Eileen Chang, considered one of the most notable writer in China has been captured by Liu's benign painterly description in Portrait of Eileen Chang (Lot 803). Posing a certain personal fondness of the writer, Liu extracts the intellectual charisma of the writer in sophisticated minimalism with subtle control of formality. His remarkable insight in composition is found in positioning the protagonist on the lower canvas, engulfed by infinity of the color blue. She stands in tasteful elegance, coming into sight from the centre but slightly inclined towards the left of the canvas. However, this is only of Liu's artistic erudition by his ingenious decision with the cornering eyes and her gracefully elongated neck that both delicately direct towards the left of the canvas. The range of gradation floods the visual stimuli of the viewer with its subtle effects of light and dark, bestowing a metaphysical impression that result in a transcendental experience. The contrast of the cool blue against the white porcelain face of Eileen Chang provide beyond the secular, enchanting her character with enhanced luminescence. Liu's brilliance in visually delivering Chang's literary poeticism is nestled in his theatricality of the color and lighting, but the intellect and personal trajectory of Chang can be traced within the deep gaze and the pursed lips of the protagonist. The command of her facial expression beckons her strong yet kind demeanor, reflective of her writing that rendered her moral integrity and described the aching maturity of human experience.
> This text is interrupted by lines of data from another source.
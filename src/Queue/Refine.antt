-- ===== src/Queue/Refine.antt =====
-- A well-formed circular queue behaves as the list of the words that it holds.
use bloreos.Base.{
  Bool-cases, inl, inr, ◌∙◌, ℕ, zero, suc, ◌+◌, ◌-◌, ◌^◌, ◌≤◌, ◌<◌, ◌≡◌, refl, ap, ap₂, ◌≢◌, Bool,
  true, false, some, List, [], ◌∷◌, ◌++◌, arith, leb, ◌==◌, if◌then◌else◌, length, length-set,
  get_or, set, get_or-set_self, get_or-set_ne,
}
use bloreos.Queue.{CQueue, cqueue_create, cqueue_write, cqueue_read, advance}
use bloreos.Queue.Fifo
use bloreos.Atomic.{returns, spins, halts}

-- An index that may have passed the end once.
abbrev wrap : ℕ → ℕ → ℕ
wrap len i = if leb len i then i - len else i

pub record IsValid (q : CQueue) : Type 0 where
  pub fits : q.len ≤ length q.buff
  pub small : q.len < 2 ^ 32
  pub read_in : q.read_i < q.len
  pub items_in : q.num_items ≤ q.len
  pub writes_next : q.write_i ≡ wrap q.len (q.read_i + q.num_items)
  pub unlocked : q.lock ≡ 0

module _ (buff : List ℕ) (len : ℕ) where
  -- the n words from index i on, going round at `len`
  abbrev pub window : ℕ → ℕ → List ℕ
  window i zero = []
  window i (suc n) = get_or buff i 0 ∷ window (if i + 1 == len then 0 else i + 1) n

  length-window : (i n : ℕ) → length (window i n) ≡ n
  length-window i zero = refl
  length-window i (suc n) = ap suc (length-window (if i + 1 == len then 0 else i + 1) n)

  window_pos :
      (i n : ℕ)
      → n ≢ 0
      → window i n ≡ get_or buff i 0 ∷ window (if i + 1 == len then 0 else i + 1) (n - 1)
  window_pos i zero h = absurd (h refl)
  window_pos i (suc n) h = ap (λ k. window i (suc k)) (omega arith)

abbrev pub contents : CQueue → List ℕ
contents q = window q.buff q.len q.read_i q.num_items

pub length-contents : (q : CQueue) → length (contents q) ≡ q.num_items
length-contents q = length-window q.buff q.len q.read_i q.num_items

-- A word stored just past a window extends it.
window-set :
    (buff : List ℕ) (len x n i j : ℕ)
    → len ≤ length buff
    → i < len
    → n < len
    → j ≡ wrap len (i + n)
    → window (set buff j x) len i (suc n) ≡ window buff len i n ++ (x ∷ [])
window-set buff len x zero i j hs hi hn e =
    let e' : j ≡ i = ground arith in rw (e', get_or-set_self buff i x 0 (omega arith))
window-set buff len x (suc n) i j hs hi hn e = ap₂ ◌∷◌ (get_or-set_ne buff x 0 (ground arith)) (
    window-set buff len x n (if i + 1 == len then 0 else i + 1) j hs (ground arith) (omega arith)
      (ground arith))

window_snoc :
    (buff : List ℕ) (len x n i j : ℕ)
    → len ≤ length buff
    → i < len
    → n < len
    → j ≡ wrap len (i + n)
    → window (set buff j x) len i (n + 1) ≡ window buff len i n ++ (x ∷ [])
window_snoc buff len x n i j hs hi hn e =
    let e' : n + 1 ≡ suc n = omega arith in
    ap (window (set buff j x) len i) e' ∙ window-set buff len x n i j hs hi hn e

-- The queue that `cqueue_create` makes in memory of `len` words is well formed and empty, if its
-- lock byte happens to be 0.
pub cqueue_create-IsValid :
    (buff : List ℕ) (lock len : ℕ)
    → 0 < len
    → len < 2 ^ 32
    → length buff ≡ len
    → lock ≡ 0
    → IsValid (cqueue_create buff lock len) × (contents (cqueue_create buff lock len) ≡ [])
unfolding cqueue_create
cqueue_create-IsValid buff lock len pos small e l = ground arith

-- `cqueue_write` on a well-formed queue returns, keeps it well formed and of the same length, and
-- does to its contents, with the same answer, what `push` does to a bounded list.
pub cqueue_write_refines :
    (q : CQueue) (x : ℕ)
    → IsValid q
    → (q' : CQueue) × (b : Bool) × (cqueue_write q x ≡ returns q' b)
      × IsValid q'
      × (q'.len ≡ q.len)
      × ((contents q', b) ≡ Fifo.push q.len (contents q) x)
unfolding cqueue_write Fifo.push
cqueue_write_refines q x v = elim (Bool-cases (q.num_items == q.len)) [
  | inl full ↦ (
    record q { lock = 0 },
    false,
    ground arith,
    ground arith,
    refl,
    ground (arith, length-window q.buff q.len q.read_i q.num_items),
  )
  | inr room ↦ (
    record q {
      buff = set q.buff q.write_i x;
      write_i = advance q.len q.write_i;
      lock = 0;
      num_items = q.num_items + 1;
    },
    true,
    ground arith,
    ground (arith, length-set q.buff q.write_i x),
    refl,
    ground (
      arith,
      length-window q.buff q.len q.read_i q.num_items,
      window_snoc q.buff q.len x q.num_items q.read_i q.write_i,
    ),
  )
]

-- `cqueue_read` on a well-formed queue with at least one item returns the oldest, keeps the queue
-- well formed and of the same length, and leaves it holding the rest.
pub cqueue_read_refines :
    (q : CQueue)
    → IsValid q
    → q.num_items ≢ 0
    → (q' : CQueue) × (x : ℕ) × (cqueue_read q ≡ returns q' x)
      × IsValid q'
      × (q'.len ≡ q.len)
      × (Fifo.pop (contents q) ≡ some (contents q', x))
unfolding cqueue_read Fifo.pop
cqueue_read_refines q v ne = (
  (record q { read_i = advance q.len q.read_i; num_items = q.num_items - 1 }),
  get_or q.buff q.read_i 0,
  ground arith,
  ground arith,
  refl,
  ground (arith, window_pos q.buff q.len q.read_i q.num_items),
)

-- On an empty well-formed queue `cqueue_read` stops the CPU, and does so with the lock still held.
pub cqueue_read-empty :
    (q : CQueue) → IsValid q → contents q ≡ [] → cqueue_read q ≡ halts (record q { lock = 1 })
unfolding cqueue_read
cqueue_read-empty q v e =
    ground (arith, length-window q.buff q.len q.read_i q.num_items, ap length e)

-- A queue created in memory whose lock byte is not 0 can never be used: every write and every read
-- of it waits for the lock for ever.
pub cqueue_create_stuck :
    (buff : List ℕ) (lock len x : ℕ)
    → lock ≢ 0
    → (cqueue_write (cqueue_create buff lock len) x ≡ spins)
      × (cqueue_read (cqueue_create buff lock len) ≡ spins)
unfolding cqueue_create cqueue_write cqueue_read
cqueue_create_stuck buff lock len x h = ground arith
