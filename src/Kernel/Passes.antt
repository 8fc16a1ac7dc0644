-- ===== src/Kernel/Passes.antt =====
-- What a step of the loop of src/kernel.c, or an interrupt of src/idt.c, does to the queue.
use bloreos.Base.{
  ℕ, ◌≡◌, ◌≢◌, refl, ap, sym, subst, ◌∙◌, Bool, true, false, List, [], ◌∷◌, ◌++◌, append-nil,
  Option, some, none, ltb, ◌==◌, Ram, ◌>>=◌, arith, u8, not, length, length-append, Bool-cases, inl,
  inr,
}
use bloreos.Atomic.{Outcome, returns, spins, halts, faults}
use bloreos.Queue.{CQueue}
use bloreos.Queue.Fifo
use bloreos.Queue.Refine.{
  IsValid, contents, length-contents, cqueue_read_refines, cqueue_write_refines,
}
use bloreos.Lapic.{lapic_eoi}
use bloreos.Terminal.{Terminal}
use bloreos.Kernel.{
  Kernel, checking, fetching, handling, check, after_read, after_write, fetch, key_event, handle,
  handle_keyboard, handle_timer, handle_lapic_timer, Event, silent, pressed, fetched, Step, checks,
  fetches, handles, keyboard, timer, lapic_timer,
}

-- The keys that the queue took, and the codes that the loop read.
abbrev pub taken : Event → List ℕ
taken silent = []
taken (pressed key true) = key ∷ []
taken (pressed key false) = []
taken (fetched code) = []

abbrev pub read : Event → List ℕ
read silent = []
read (pressed key b) = []
read (fetched code) = code ∷ []

-- The queue is well formed, and where the loop is about to read it has an item.
pub record IsRunning (k : Kernel) : Type 0 where
  pub queue : IsValid k.q_keyboard
  pub item : k.place ≡ fetching → k.q_keyboard.num_items ≢ 0

-- A step keeps that, and the order of the keys.
pub record Passes (k : Kernel) (e : Event) (k' : Kernel) : Type 0 where
  pub running : IsRunning k'
  pub order : contents k.q_keyboard ++ taken e ≡ read e ++ contents k'.q_keyboard

-- Where a call of the same function returned.
abbrev state_of : {S A : Type 0} → S → Outcome S A → S
state_of d (returns s a) = s
state_of d spins = d
state_of d (halts s) = d
state_of d faults = d

abbrev value_of : {S A : Type 0} → A → Outcome S A → A
value_of d (returns s a) = a
value_of d spins = d
value_of d (halts s) = d
value_of d faults = d

check-Passes : (k : Kernel) → IsRunning k → Passes k silent (check k)
unfolding check
check-Passes k v = elim (Bool-cases (ltb 0 k.q_keyboard.num_items)) [
  | inl full ↦ rw full (record {
    running = record { queue = v.queue; item = λ at. ground (arith, full) };
    order = append-nil (contents k.q_keyboard);
  })
  | inr empty ↦ rw empty (record {
    running = record { queue = v.queue; item = λ at. absurd cc };
    order = append-nil (contents k.q_keyboard);
  })
]

popped_lem : (s s' : List ℕ) (x : ℕ) → Fifo.pop s ≡ some (s', x) → s ++ [] ≡ x ∷ s'
unfolding Fifo.pop
popped_lem [] s' x e = cc
popped_lem (c ∷ s) s' x e = append-nil (c ∷ s) ∙ cc

-- A running loop that is about to read does read: the queue is not empty, its lock is free, and the
-- code read is the oldest one.
pub fetch-returns :
    (k : Kernel)
    → IsRunning k
    → k.place ≡ fetching
    → (k' : Kernel) × (code : ℕ) × (fetch k ≡ returns k' code) × Passes k (fetched code) k'
unfolding fetch after_read
fetch-returns k v at =
    let (q', x, done, valid, same, popped) = cqueue_read_refines k.q_keyboard v.queue (v.item at) in
    (
      record k { place = handling x; q_keyboard = q' },
      x,
      ap (after_read k) done,
      record {
        running = record { queue = valid; item = λ at. absurd cc };
        order = popped_lem (contents k.q_keyboard) (contents q') x popped;
      },
    )

pub pushed_lem :
    (cap key : ℕ) (s s' : List ℕ) (b : Bool)
    → (s', b) ≡ Fifo.push cap s key
    → (s ++ taken (pressed key b) ≡ s') × (b ≡ not (length s == cap))
unfolding Fifo.push
pushed_lem cap key s s' b e = elim (Bool-cases (length s == cap)) [
  | inl full ↦
      let e' : (s', b) ≡ (s, false) = e ∙ rw full refl in
      let b' : b ≡ false = ap (λ p. p.1) e' in
      (rw b' (append-nil s ∙ sym (ap (λ p. p.0) e')), rw full b')
  | inr room ↦
      let e' : (s', b) ≡ (s ++ (key ∷ []), true) = e ∙ rw room refl in
      let b' : b ≡ true = ap (λ p. p.1) e' in (rw b' (sym (ap (λ p. p.0) e')), rw room b')
]

push_keeps :
    (q q' : CQueue) (key : ℕ) (b : Bool)
    → q.num_items ≢ 0
    → contents q ++ taken (pressed key b) ≡ contents q'
    → q'.num_items ≢ 0
push_keeps q q' key b item e = omega (
  arith,
  item,
  length-contents q,
  length-contents q',
  ap length e,
  length-append (contents q) (taken (pressed key b)),
)

-- The keyboard's handler returns whatever the loop is doing, and keeps the key exactly if the queue
-- is not full.
pub handle_keyboard-returns :
    (k : Kernel) (key : ℕ)
    → IsRunning k
    → (k' : Kernel) × (b : Bool) × (handle_keyboard key k ≡ returns k' b)
      × Passes k (pressed (u8 key) b) k'
      × (b ≡ not (length (contents k.q_keyboard) == k.q_keyboard.len))
unfolding handle_keyboard after_write
handle_keyboard-returns k key v =
    let (q', b, done, valid, same, pushed) = cqueue_write_refines k.q_keyboard (u8 key) v.queue in
    let (order, kept) =
      pushed_lem k.q_keyboard.len (u8 key) (contents k.q_keyboard) (contents q') b pushed in
    (
      record k { q_keyboard = q'; lapic = lapic_eoi k.lapic },
      b,
      ap (after_write k) done,
      record {
        running = record {
          queue = valid;
          item = λ at. push_keeps k.q_keyboard q' (u8 key) b (v.item at) order;
        };
        order = order;
      },
      kept,
    )

handle-Passes :
    (k k' : Kernel) (stacks : ℕ → Ram) (code : ℕ)
    → IsRunning k
    → handle stacks code k ≡ some k'
    → Passes k silent k'
unfolding handle
handle-Passes k k' stacks code v e =
    done (key_event stacks k.kernel_timer_secs (k.scancode_map code) k.terminal) e
  where
    done :
        (o : Option Terminal)
        → (o >>= λ t. some (record k { place = checking; terminal = t })) ≡ some k'
        → Passes k silent k'
    done none e = absurd cc
    done (some t) e =
        let k'' = record k { place = checking; terminal = t } in
        let same : k'' ≡ k' = cc in
        subst (λ k'. Passes k silent k') same
          (record {
            running = record { queue = v.queue; item = λ at. absurd cc };
            order = append-nil (contents k.q_keyboard);
          })

-- The handlers of the timers leave the loop and the queue as they are.
timer-Passes : (k : Kernel) → IsRunning k → Passes k silent (handle_timer k)
unfolding handle_timer
timer-Passes k v = record {
  running = record { queue = v.queue; item = v.item };
  order = append-nil (contents k.q_keyboard);
}

lapic_timer-Passes : (k : Kernel) → IsRunning k → Passes k silent (handle_lapic_timer k)
unfolding handle_lapic_timer
lapic_timer-Passes k v = record {
  running = record { queue = v.queue; item = v.item };
  order = append-nil (contents k.q_keyboard);
}

pub step-Passes : (k k' : Kernel) (e : Event) → IsRunning k → Step k e k' → Passes k e k'
step-Passes k _ _ v (checks at) = check-Passes k v
step-Passes k k' _ v (fetches code at e) =
    let (k'', x, done, passes) = fetch-returns k v at in
    let same : returns k'' x ≡ returns k' code = sym done ∙ e in
    subst (λ o. Passes k (fetched (value_of 0 o)) (state_of k o)) same passes
step-Passes k k' _ v (handles stacks code at e) = handle-Passes k k' stacks code v e
step-Passes k k' _ v (keyboard key b e) =
    let (k'', b'', done, passes, kept) = handle_keyboard-returns k key v in
    let same : returns k'' b'' ≡ returns k' b = sym done ∙ e in
    subst (λ o. Passes k (pressed (u8 key) (value_of false o)) (state_of k o)) same passes
step-Passes k _ _ v timer = timer-Passes k v
step-Passes k _ _ v lapic_timer = lapic_timer-Passes k v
Liu Ye's visage can be outlined on the face of Eileen Chang, perhaps as an act of admiration, visually appropriating an idiom 'Imitation is the highest form of flattery.' He shared the same values as this prominent writer as he believed 'basic human sentiments such as humanitarianism, beauty, kindness and sadness are far more touching and important to me than any political concepts.' Liu's message may simply be that the languid aspects of life may be dramatically brightened by the advent of art, literature and a touch of imagination; a lucid message, but also a simple truth also presented in simplicity and honesty through his childhood recollection and absurdly rich compositions and autonomous pictorial use of color.